A 13-year-old boy who sued over the circumstances of his birth at the National Maternity Hospital (NMH), Dublin, has settled his High Court case for €7.25m.
The settlement for Finn Phillips, who is on the autism spectrum, is without an admission of liability.
Jeremy Maher SC, for the boy, told the court the action was a test case. It was their contention he is on the autism spectrum allegedly as a result of issues which arose during his birth at the hospital.
The claims were denied.
Mr Maher said the essence of their case was the protracted labour and difficult birth were the alleged cause of Finn's autism.
Counsel said it was a test case and this issue had never been determined by a court in Ireland, the UK "or anywhere".
Finn, he said, was born limp and unresponsive.
Mediation talks had taken place last Monday and a settlement was reached to bring before the court, he said.
Approving the settlement, Mr Justice Kevin Cross said he was glad to hear it had been reached through mediation. He wished Finn and his family all the best for the future.
Finn Phillips, of Village Road, Lusk, Co Dublin, through his mother, Lisa Marie Murphy, sued the NMH over the circumstances of his birth on July 30, 2005.
Finn was delivered by ventouse delivery and it is claimed he was unnecessarily exposed to both asphyxia and trauma from the vacuum extraction.

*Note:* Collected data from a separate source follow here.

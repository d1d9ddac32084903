-- ===== src/Bot/Pipeline/Resuming.antt =====
-- Messages between the parts of the program: what one of them publishes, another takes up.
use cribe.Prelude.{
  ℕ, ◌+◌, String, Bool, Option, none, some, ◌∷◌, ◌≡◌, arith, if◌then◌else◌, true, List, [], ◌++◌,
  ◌∙◌, eq_refl, refl, sym, subst,
}
use cribe.Errors.{Error}
use cribe.Exec.{Exec, ok, is_ok}
use cribe.Bytes.{Bytes}
use cribe.Json.Numbers.RoundTrip.{InInt64}
use cribe.Bot.Services.{Payload, Services, Video, zero_payload, queue_fetching, queue_uploading}
use cribe.Bot.World.{World, Call, Job, JobKind, fetching, uploading, publish}
use cribe.Bot.World.History.{published_to, messages, published, told, latest}
use cribe.Bot.Encoding.{payload_json, encode_payload}
use cribe.Prelude.Decimal.{ℤ}
use cribe.Bot.Encoding.RoundTrip.{payload_json-unmarshal}
use cribe.Bot.Jobs.{new_job, remove_first, add_job, delete_job}
use cribe.Bot.Jobs.Counts.{same_kind_refl}
use cribe.Bot.Fetch.{fetch}
use cribe.Bot.Upload.{upload}
use cribe.Bot.Consumers.{handle_fetching, handle_uploading, upload_decoded, give_up, report}
use cribe.Bot.Consumers.Bookkeeping.{with_job, handle_fetching-jobs, handle_uploading-jobs}
use cribe.Bot.Consumers.Loops.{answers, handle_fetching-answered}
use cribe.Bot.Finalization.Republishing.{message_of}
use cribe.Bot.Pipeline.{KeepsStores, OnlyMissing}
use cribe.Bot.Pipeline.Progress.{fetch-upload}
use cribe.Bot.Messages.{ParsingCtx, parsing_action}
use cribe.Bot.Messages.Machine.{parsing_action-requests}

module _ {S : Type 0} where
  -- Where parsing makes the broker take a message, it is a request for the video that was found for the
  -- chat's link, and the worker that takes it up, at any later time, answers it exactly once: the
  -- broker takes one message for the queue of uploads, or one text to a chat is tried, and not
  -- both; after a cancellation or a panic there is no answer. The chat's id has 64 bits.
  pub parsing_action-answered :
      (c : ParsingCtx S) (w : World S) (d : Services S) (channel : ℕ) (u : World S)
      → InInt64 c.chat_id
      → published (parsing_action c w).1.calls ≡ published w.calls + 1
      → (video : Video) × (body : Bytes) × ((c.services.youtube_client.get_video_context c.message
            w.outside).0
          ≡ ok video)
        × (messages (parsing_action c w).1.calls ≡ (queue_fetching, body) ∷ messages w.calls)
        × (let p = record zero_payload { video_id = video.id; chat_id = c.chat_id } in
            let u' = (handle_fetching d channel body u).1 in
            published_to queue_uploading u'.calls + told u'.calls
            ≡ published_to queue_uploading u.calls
              + told u.calls
              + answers (fetch d channel p (with_job d fetching p u)).0)
  parsing_action-answered c w d channel u small h =
      let (video, found, last) = parsing_action-requests c w h in
      let p = record zero_payload { video_id = video.id; chat_id = c.chat_id } in
      (
        video,
        encode_payload p,
        found,
        last,
        handle_fetching-answered d channel (encode_payload p) p u
            (payload_json-unmarshal p zero_payload small),
      )

module _ {S : Type 0} (d : Services S) (append : Error → Option Error → Error) where
  -- The worker of a kind takes up a message.
  abbrev take_up : ℕ → JobKind → Bytes → Exec (World S) (Unit {0})
  take_up c fetching body = handle_fetching d c body
  take_up c uploading body = handle_uploading d body

  abbrev work : ℕ → JobKind → Payload → Exec (World S) (Unit {0})
  work c fetching p = fetch d c p
  work c uploading p = upload d p

  -- What a worker of the kind leaves of the list, if it takes up a message for this job.
  abbrev left_behind : ℕ → Job → Payload → World S → List Job
  left_behind c job p w =
      if is_ok (work c job.kind p (with_job d job.kind p w)).0
      then remove_first job.video_id job.kind (w.jobs ++ job ∷ [])
      else w.jobs ++ job ∷ []

  take_up-jobs :
      (c : ℕ) (kind : JobKind) (body : Bytes) (p : Payload) (w : World S)
      → payload_json.unmarshal zero_payload body ≡ (p, none)
      → (take_up c kind body w).1.jobs ≡ left_behind c (new_job kind p) p w
  take_up-jobs c fetching body p w h = handle_fetching-jobs d c body p w h
  take_up-jobs c uploading body p w h = handle_uploading-jobs d body p w h

  -- What the end of a run hands back for a job of a kind, a video and a chat, the worker of its kind
  -- takes up in a later run as this job: it appends a job of that kind, that video and that chat,
  -- which stays in hand where its work fails or panics; where the work returns no error, the oldest
  -- job of the kind and the video is removed then. The chat's id has 64 bits.
  pub message_of-jobs :
      (c : ℕ) (kind : JobKind) (video : String) (chat : ℤ) (w : World S)
      → InInt64 chat
      → let p = record zero_payload { video_id = video; chat_id = chat } in
        let job : Job = record { kind = kind; payload = p } in
        (take_up c kind (message_of d append job).1 w).1.jobs ≡ left_behind c job p w
  message_of-jobs c kind video chat w small =
      let p = record zero_payload { video_id = video; chat_id = chat } in
      take_up-jobs c kind (encode_payload p) p w (payload_json-unmarshal p zero_payload small)

  -- Where two chats ask for one video, the end of the younger job takes away the older one: a worker
  -- whose work returns no error, in a list that starts with a job of its kind and video for any chat,
  -- leaves its own job, with its own chat, and that older one is gone.
  pub take_up-takes_oldest :
      (c : ℕ) (kind : JobKind) (body : Bytes) (p : Payload) (chat : ℤ) (rest : List Job)
      (w : World S)
      → payload_json.unmarshal zero_payload body ≡ (p, none)
      → let job : ℤ → Job = λ x. record {
        kind = kind;
        payload = record zero_payload { video_id = p.video_id; chat_id = x };
      } in
        w.jobs ≡ job chat ∷ rest
        → (work c kind p (with_job d kind p w)).0 ≡ ok tt
        → (take_up c kind body w).1.jobs ≡ rest ++ job p.chat_id ∷ []
  unfolding remove_first
  take_up-takes_oldest c kind body p chat rest w h jobs done =
      take_up-jobs c kind body p w h
      ∙ rw done (rw jobs (rw (eq_refl p.video_id, same_kind_refl kind) refl))

-- The latest call has one body.
pub latest_body :
    {h : Option (Call × Bool)} {queue : String} {a b : Bytes}
    → h ≡ some (publish queue a, true)
    → h ≡ some (publish queue b, true)
    → a ≡ b
latest_body e g = ground arith

module _ {S : Type 0} (d : Services S) (keeps : KeepsStores d) (lookups : OnlyMissing d) where
  upload_decoded-published :
      (q : Payload) (u : World S)
      → published (upload d q (with_job d uploading q u)).1.calls ≡ published u.calls
      → published (upload_decoded d (q, none) u).1.calls ≡ published u.calls
  unfolding upload_decoded add_job delete_job give_up report
  upload_decoded-published q u h = grind arith

  handle_uploading-published :
      (q : Payload) (u : World S)
      → InInt64 q.chat_id
      → published (upload d q (with_job d uploading q u)).1.calls ≡ published u.calls
      → published (handle_uploading d (encode_payload q) u).1.calls ≡ published u.calls
  unfolding handle_uploading
  handle_uploading-published q u small h =
      rw (payload_json-unmarshal q zero_payload small) (upload_decoded-published q u h)

  -- Over stores that keep what they are given, whose lookups of an object fail only for want of it, and
  -- where YouTube gives a video under the id that was asked for: from the message of a fetch that returned no error, the worker that takes it up never
  -- asks for a fetch again, whatever else fails in it, if the stores hold by then what they held after
  -- the fetch. The chat's id has 64 bits.
  pub fetch-handle_uploading :
      (c : ℕ) (p : Payload) (w : World S) (body : Bytes) (u : World S)
      → InInt64 p.chat_id
      → (fetch d c p w).0 ≡ ok tt
      → ((v : Video)
          → (d.youtube_client.get_video_context p.video_id w.outside).0 ≡ ok v
          → v.id ≡ p.video_id)
      → latest (fetch d c p w).1.calls ≡ some (publish queue_uploading body, true)
      → keeps.view u.outside ≡ keeps.view (fetch d c p w).1.outside
      → published (handle_uploading d body u).1.calls ≡ published u.calls
  fetch-handle_uploading c p w body u small h same last kept =
      let (q, video, chat, last', never) = fetch-upload d keeps lookups c p w h same in
      rw (latest_body last last') (
        handle_uploading-published q u (subst InInt64 (sym chat) small)
          (never (with_job d uploading q u) kept))
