-- ===== src/Bot/Messages/Requests.antt =====
-- What a chat's message asks of the workers.
use cribe.Prelude.{ℕ, String, ◌+◌, ◌⊎◌, ◌∷◌, ◌≡◌, refl, length, ap, sym, arith, ◌∙◌, inl, inr}
use cribe.Prelude.Decimal.{itoa}
use cribe.Exec.{ok, Result-cases}
use cribe.Bytes.{Bytes}
use cribe.Json.Numbers.RoundTrip.{InInt64}
use cribe.Session.{load}
use cribe.Session.RoundTrip.{IsKeeping}
use cribe.Bot.Services.{Services, Video, zero_payload, queue_fetching, queue_uploading}
use cribe.Bot.World.{World, fetching}
use cribe.Bot.World.History.{published, published_to, messages, told, length-messages}
use cribe.Bot.Encoding.{encode_payload}
use cribe.Bot.Messages.Machine.{parsing_action-requests}
use cribe.Bot.Fetch.{fetch}
use cribe.Bot.Consumers.{handle_fetching}
use cribe.Bot.Consumers.Bookkeeping.{with_job}
use cribe.Bot.Consumers.Loops.{answers}
use cribe.Bot.Messages.{Message, parsing_action, handle_message}
use cribe.Bot.Messages.Sessions.{
  LeavesSessions, AllDefault, fresh, load-at_default, context, converse_default, identity_of,
  loaded,
}
use cribe.Bot.Pipeline.Resuming.{parsing_action-answered}

module _ {S : Type 0} (d : Services S) (keeping : IsKeeping d.session_backend)
    (leaves : LeavesSessions d keeping) where
  -- A message makes no calls but those of the parsing, in the world in which its session was loaded.
  calls-handle_message :
      (message : Message) (w : World S)
      → AllDefault d keeping w.outside
      → ((handle_message d message w).1.calls ≡ w.calls)
        ⊎ ((handle_message d message w).1.calls
            ≡ (parsing_action
                (context d keeping leaves message)
                (loaded d keeping leaves message w)).1.calls)
  unfolding handle_message
  calls-handle_message message w all =
      let identity = identity_of d keeping leaves message in
      let w1 = loaded d keeping leaves message w in
      elim (Result-cases (load (fresh d keeping identity) w.outside).0) [
        | inl (u, g) ↦
            let (prev, e) = load-at_default d keeping identity w.outside u all g in
            elim (converse_default d keeping leaves message identity prev w1) [
              | inl (r, c) ↦ inr (rw (g ∙ ap ok e, c) refl)
              | inr (p, c) ↦ inr (rw (g ∙ ap ok e, c) refl)
            ]
        | inr (inl (e, g)) ↦ inl (rw g refl)
        | inr (inr (p, g)) ↦ inl (rw g refl)
      ]

  -- The message that the broker takes is a request for the video that was found for the chat's link.
  pub handle_message-requests :
      (message : Message) (w : World S) (queue : String) (body : Bytes)
      → AllDefault d keeping w.outside
      → messages (handle_message d message w).1.calls ≡ (queue, body) ∷ messages w.calls
      → (video : Video) × ((d.youtube_client.get_video_context message.text
            (load (fresh d keeping (itoa message.from_id)) w.outside).1).0
          ≡ ok video)
        × (body
            ≡ encode_payload
                (record zero_payload { video_id = video.id; chat_id = message.chat_id }))
  handle_message-requests message w queue body all h = elim (calls-handle_message message w all) [
    | inl same ↦ absurd (grind (arith, length-messages))
    | inr same ↦
        let c = context d keeping leaves message in
        let w1 = loaded d keeping leaves message w in
        let taken : messages (parsing_action c w1).1.calls ≡ (queue, body) ∷ messages w.calls =
          sym (ap messages same) ∙ h in
        let (video, found, last) = parsing_action-requests c w1 (
          omega (
            arith,
            ap length taken,
            length-messages (parsing_action c w1).1.calls,
            length-messages w.calls,
          )) in
        (video, found, ground (arith, taken, last))
  ]

  -- If the backend keeps what it is given, the other services leave the sessions alone and the stored
  -- ones are in the default state: where a chat's message makes the broker take a message, it is a
  -- request for the video that was found for the chat's link, and the worker that takes it up, at
  -- any later time, answers it exactly once: the broker takes one message for the queue of uploads,
  -- or one text to a chat is tried, and not both; after a cancellation or a panic there is no answer.
  -- The chat's id has 64 bits.
  pub handle_message-answered :
      (message : Message) (w : World S) (channel : ℕ) (u : World S)
      → InInt64 message.chat_id
      → AllDefault d keeping w.outside
      → published (handle_message d message w).1.calls ≡ published w.calls + 1
      → (video : Video) × (body : Bytes) × ((d.youtube_client.get_video_context message.text
            (load (fresh d keeping (itoa message.from_id)) w.outside).1).0
          ≡ ok video)
        × (messages (handle_message d message w).1.calls
            ≡ (queue_fetching, body) ∷ messages w.calls)
        × (let p = record zero_payload { video_id = video.id; chat_id = message.chat_id } in
            let u' = (handle_fetching d channel body u).1 in
            published_to queue_uploading u'.calls + told u'.calls
            ≡ published_to queue_uploading u.calls
              + told u.calls
              + answers (fetch d channel p (with_job d fetching p u)).0)
  handle_message-answered message w channel u small all h =
      elim (calls-handle_message message w all) [
        | inl same ↦ absurd (omega (arith, ap published same))
        | inr same ↦
            let (video, body, found, last, once) =
              parsing_action-answered (context d keeping leaves message)
                (loaded d keeping leaves message w) d channel u small
                (sym (ap published same) ∙ h) in
            (video, body, found, ap messages same ∙ last, once)
      ]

Therefore, he was allegedly unnecessarily exposed to their potential long term consequences.
The injuries suffered, it was claimed, included developmental delay and autism.
There was an alleged failure to manage Finn's mother's labour appropriately and an alleged failure to intervene in time.
It was further claimed an excessive number of pulls had been applied to deliver Finn and the baby had been allegedly subjected to excessive tractions.
Outside court, Finn's mother Lisa Marie Murphy said her son "is a wonderful boy".
"He would have been a fantastic man if everything had gone according to plan. Now we can make strides to help him be the best man he can be," she said.
She added: "The settlement means as parents we don't have to worry, Finn's care is there.
"It means we can go privately for his care."
Their solicitor Cian O'Carroll said the settled case does not stand as a precedent which would affect other cases and each case would be looked at according to its particular circumstances.
He said all the parties involved were happy with the outcome.